Dénoncer le supposé laxisme judicaire est monnaie courante dans les rangs de la droite et de l'extrême-droite. Ce mardi, Marion Maréchal-+Le Pen n'a pas dérogé à la règle en  prenant la parole à l'Assemblée nationale. Celle qui, dans un article de Libération,  reconnaît préférer "s'adresser plus à l'extérieur qu'à l'intérieur"- comprendre plus pour des visionnages sur Youtube que pour émettre de réelles propositions-  a énuméré le nom des terroristes impliqués dans des affaires ces dernières années.
"Merah, Nemmouche Kouachi, Coulibaly, Mostefai… Ils sont des délinquants et criminels multirécidivistes. Voici un vrai pédigrée d'enfants de la République du laxisme et de l'excuse…", a entonné la députée du Vaucluse et tête de liste du FN en région PACA.
 
"Le lien entre terrorisme, petit et grand banditisme est flagrant. (…) Vos propos et vos réformes nous plongent dans une insécurité absolue", poursuit-elle, avant de lui reprocher son refus de se prononcer sur la déchéance de nationalité pour les terroristes nés en France.
 


 

"C'est en responsabilité que je fais face"

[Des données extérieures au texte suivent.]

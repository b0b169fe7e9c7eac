-- ===== src/Manager/History.antt =====
-- The invariant along every history of the manager.
use longhorn_instance_manage.Base.{ℕ, Text, Bool, Option, List, [], ◌∷◌}
use longhorn_instance_manage.Bitmap.{PortBitmap}
use longhorn_instance_manage.Process.{
  Process, AfterHealth, announce, must_stop, nothing, health_result, run_begin, run_exit,
}
use longhorn_instance_manage.Manager.{Manager, sigint}
use longhorn_instance_manage.Manager.Handlers.{Env, monitor, monitor_next}
use longhorn_instance_manage.Manager.Invariant.{Inv}
use longhorn_instance_manage.Manager.Local.{
  Local, Local-Inv, Local-refl, Local-trans, log_lem, modify-Local, run_begin-Keeps, run_exit-Keeps,
  health_result-Keeps, stop_with_signal-Local, Keeps,
}
use longhorn_instance_manage.Manager.Calls.{stop_goroutine-Known, unregister_goroutine-Inv}
use longhorn_instance_manage.Manager.Create.{process_create-Inv, process_delete-Inv}
use longhorn_instance_manage.Manager.Conditions.{check_mount_points-Local}
use longhorn_instance_manage.Manager.Swap.{process_replace-Inv}
use longhorn_instance_manage.Manager.Run.{
  Action, create, delete, replace, command_begins, command_exits, health_checked, stops,
  unregisters, monitors, checks_mounts, command_exit, after_health, health_goroutine, run_action,
  Permits, run, AllPermitted,
}

module _ {B : Type 0} (bm : PortBitmap B) where
  command_exit-Local : (r : ℕ) (e : Option Text) (m : Manager B) → Local bm m (command_exit r e m)
  unfolding command_exit
  command_exit-Local r e m =
      Local-trans bm m _ (modify-Local bm r (run_exit e) m (run_exit-Keeps e _))
        (log_lem bm _ _ m.goroutines m.signals)

  after_health-Local :
      (env : Env B) (r : ℕ) (res : Process × AfterHealth) (m : Manager B)
      → Keeps (m.heap r) res.0
      → Local bm m (after_health env r res m)
  unfolding after_health
  after_health-Local env r (p, announce) m k =
      Local-trans bm m _ (modify-Local bm r (λ _. p) m k) (log_lem bm _ _ m.goroutines m.signals)
  after_health-Local env r (p, must_stop) m k =
      Local-trans bm m _ (modify-Local bm r (λ _. p) m k)
        (stop_with_signal-Local bm sigint (env.now 0) r _)
  after_health-Local env r (p, nothing) m k = modify-Local bm r (λ _. p) m k

  health_goroutine-Local :
      (env : Env B) (r : ℕ) (healthy : Bool) (m : Manager B)
      → Local bm m (health_goroutine env r healthy m)
  unfolding health_goroutine
  health_goroutine-Local env r healthy m =
      after_health-Local env r (health_result healthy (m.heap r)) m
        (health_result-Keeps healthy (m.heap r))

  monitor_next-Local : (u : List ℕ) (m : Manager B) → Local bm m (monitor_next u m).0
  unfolding monitor_next
  monitor_next-Local [] m = Local-refl bm m
  monitor_next-Local (r ∷ rest) m = log_lem bm m rest m.goroutines m.signals

  monitor-Local : (m : Manager B) → Local bm m (monitor m).0
  unfolding monitor
  monitor-Local m = monitor_next-Local m.updates m

  -- Every action keeps the invariant.
  pub run_action-Inv :
      (env : Env B) (a : Action) (m : Manager B)
      → Permits bm env a m
      → Inv bm m
      → Inv bm (run_action bm env a m)
  unfolding run_action
  run_action-Inv env (create spec) m p v = process_create-Inv bm env spec m v p.0 p.1
  run_action-Inv env (delete name uuid) m p v = process_delete-Inv bm env name uuid m v p
  run_action-Inv env (replace spec terminate) m p v =
      process_replace-Inv bm env spec terminate m v p.0 p.1
  run_action-Inv env (command_begins r) m p v =
      Local-Inv bm m (modify-Local bm r run_begin m (run_begin-Keeps _)) v
  run_action-Inv env (command_exits r e) m p v = Local-Inv bm m (command_exit-Local r e m) v
  run_action-Inv env (health_checked r healthy) m p v =
      Local-Inv bm m (health_goroutine-Local env r healthy m) v
  run_action-Inv env (stops r s plan has_cmd) m p v =
      (stop_goroutine-Known bm env r s plan has_cmd m p.1 (record { inv = v; exists = p.0 })).inv
  run_action-Inv env (unregisters r) m p v =
      unregister_goroutine-Inv bm env r m p.1 (record { inv = v; exists = p.0 })
  run_action-Inv env monitors m p v = Local-Inv bm m (monitor-Local m) v
  run_action-Inv env (checks_mounts is_engine mounts) m p v =
      Local-Inv bm m (check_mount_points-Local is_engine mounts bm m) v

  -- Every history of calls and goroutines that starts in a well-formed manager ends in one, if each
  -- call gets a fresh UUID, each goroutine acts on a process that exists, and the goroutines that
  -- run while a call waits keep managers well formed, remove no object and leave the call's own
  -- replacement alone.
  pub run-Inv :
      (acts : List (Env B × Action)) (m : Manager B)
      → AllPermitted bm acts m
      → Inv bm m
      → Inv bm (run bm acts m)
  unfolding run
  run-Inv [] m p v = v
  run-Inv ((env, a) ∷ rest) m p v =
      run-Inv rest (run_action bm env a m) p.1 (run_action-Inv env a m p.0 v)
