-- ===== src/Strings/Decimal.antt =====
-- `strconv.Itoa` prints what `strconv.Atoi` reads.
use longhorn_instance_manage.Base.{
  ℕ, pos, zero, suc, ◌+◌, ◌/◌, ◌%◌, ◌≤◌, ◌<◌, Text, ◌≡◌, refl, ◌≢◌, some, [], ◌∷◌, arith, ◌==◌,
  Bool-cases, inl, inr, ◌⊎◌, ℤ, negsuc, pos_part, neg_part,
}
use longhorn_instance_manage.Strings.{
  trim_left, trim_right, trim_space, digits_value, parse_digits, atoi, emit, format, itoa,
  max_int64, positive,
}
use longhorn_instance_manage.Strings.Split.{Lacks}

abbrev pub AllDigits : Text → Type 0
AllDigits [] = Unit
AllDigits (c ∷ s) = (b'0' ≤ c) × (c ≤ b'9') × AllDigits s

emit-AllDigits : (f n : ℕ) (out : Text) → AllDigits out → AllDigits (emit f n out)
unfolding emit
emit-AllDigits zero n out h = h
emit-AllDigits (suc f) n out h =
    ground (arith, emit-AllDigits f (n / 10) ((b'0' + n % 10) ∷ out) (omega arith, omega arith, h))

-- Enough fuel: reading the digits in front of `out` first gives `n`.
digits_value-emit :
    (f n : ℕ) (out : Text) → n ≤ f → digits_value 0 (emit f n out) ≡ digits_value n out
unfolding emit digits_value
digits_value-emit zero n out h = ground arith
digits_value-emit (suc f) n out h =
    ground (arith, digits_value-emit f (n / 10) ((b'0' + n % 10) ∷ out))

emit-ne-nil : (f n : ℕ) (out : Text) → out ≢ [] → emit f n out ≢ []
unfolding emit
emit-ne-nil zero n out h = h
emit-ne-nil (suc f) n out h =
    ground (arith, h, emit-ne-nil f (n / 10) ((b'0' + n % 10) ∷ out) (λ e. cc))

format-AllDigits : (n : ℕ) → AllDigits (format n)
unfolding format
format-AllDigits n = elim (Bool-cases (n == 0)) [
  | inl e ↦ rw e (omega arith, omega arith, tt)
  | inr e ↦ rw e (emit-AllDigits n n [] tt)
]

emit_pos-ne-nil : (n : ℕ) → n ≢ 0 → emit n n [] ≢ []
unfolding emit
emit_pos-ne-nil zero h = absurd (h refl)
emit_pos-ne-nil (suc m) h =
    ground (arith, emit-ne-nil m (suc m / 10) ((b'0' + suc m % 10) ∷ []) (λ e. cc))

pub format-ne-nil : (n : ℕ) → format n ≢ []
unfolding format
format-ne-nil n = ground (arith, emit_pos-ne-nil n)

parse_digits_ne-nil : (s : Text) → s ≢ [] → parse_digits s ≡ digits_value 0 s
unfolding parse_digits
parse_digits_ne-nil [] h = absurd (h refl)
parse_digits_ne-nil (c ∷ s) h = refl

parse_digits-format : (n : ℕ) → parse_digits (format n) ≡ some n
parse_digits-format n =
    rw (parse_digits_ne-nil _ (format-ne-nil n))
      (unfold format digits_value in ground (arith, digits_value-emit n n []))

atoi-AllDigits : (s : Text) → AllDigits s → atoi s ≡ positive (parse_digits s)
unfolding atoi
atoi-AllDigits [] h = unfold parse_digits in refl
atoi-AllDigits (c ∷ s) h = ground arith

abbrev pub IsInt64 : ℤ → Type 0
IsInt64 a = (pos_part a ≤ max_int64) × (neg_part a ≤ max_int64 + 1)

-- `Itoa` prints every 64-bit integer in a form that `Atoi` reads back.
pub atoi-itoa : (a : ℤ) → IsInt64 a → atoi (itoa a) ≡ some a
unfolding itoa
atoi-itoa (pos n) h =
    rw (atoi-AllDigits _ (format-AllDigits n), parse_digits-format n) (ground arith)
atoi-itoa (negsuc n) h = unfold atoi in ground (arith, parse_digits-format (n + 1))

AllDigits-Lacks : (b : ℕ) (s : Text) → (b < b'0') ⊎ (b'9' < b) → AllDigits s → Lacks b s
AllDigits-Lacks b [] k h = tt
AllDigits-Lacks b (c ∷ s) k h = (ground arith, AllDigits-Lacks b s k h.2)

pub itoa_pos-Lacks : (b n : ℕ) → (b < b'0') ⊎ (b'9' < b) → Lacks b (itoa (pos n))
unfolding itoa
itoa_pos-Lacks b n k = AllDigits-Lacks b (format n) k (format-AllDigits n)

trim_left-AllDigits : (s : Text) → AllDigits s → trim_left s ≡ s
unfolding trim_left
trim_left-AllDigits [] h = refl
trim_left-AllDigits (c ∷ s) h = ground arith

trim_right-AllDigits : (s : Text) → AllDigits s → trim_right s ≡ s
unfolding trim_right
trim_right-AllDigits [] h = refl
trim_right-AllDigits (c ∷ []) h = ground arith
trim_right-AllDigits (c ∷ d ∷ s) h = rw (trim_right-AllDigits (d ∷ s) h.2)

pub trim_space-itoa_pos : (n : ℕ) → trim_space (itoa (pos n)) ≡ itoa (pos n)
unfolding trim_space itoa
trim_space-itoa_pos n =
    rw (trim_left-AllDigits _ (format-AllDigits n), trim_right-AllDigits _ (format-AllDigits n))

Une intervention qui a appelé une réponse agacée de la Garde des Sceaux. "Quel magma!", "La moindre des décences aurait été par respect pour les Français blessés dans leur chair, que nous soyons exigeants face aux faits."
"Il se trouve que parmi les terroristes, aucun n'avait été incarcéré (…), a poursuivi Christiane Taubira. Face à cette situation difficile et douloureuse, c'est en responsabilité que je fais face et que je n'ajoute pas à la souffrance des Français", a-t-elle ajouté. Des propos ponctués de protestations sur les rangs de l'extrême droite et d'applaudissements parmi la majorité.
 
 
La garde des Sceaux a refusé de répondre dans le détail, préférant louer l'action des forces de police et de justice ajoutant l'importance d'une "vigilance sans défaillir, de façon à ce que tous les citoyens de la République se sentent en sécurité mais se sentent aussi partie de la communauté nationale". "Il est heureux que ce soit ce gouvernement qui soit en ce moment aux responsabilités.", a-t-elle conclu.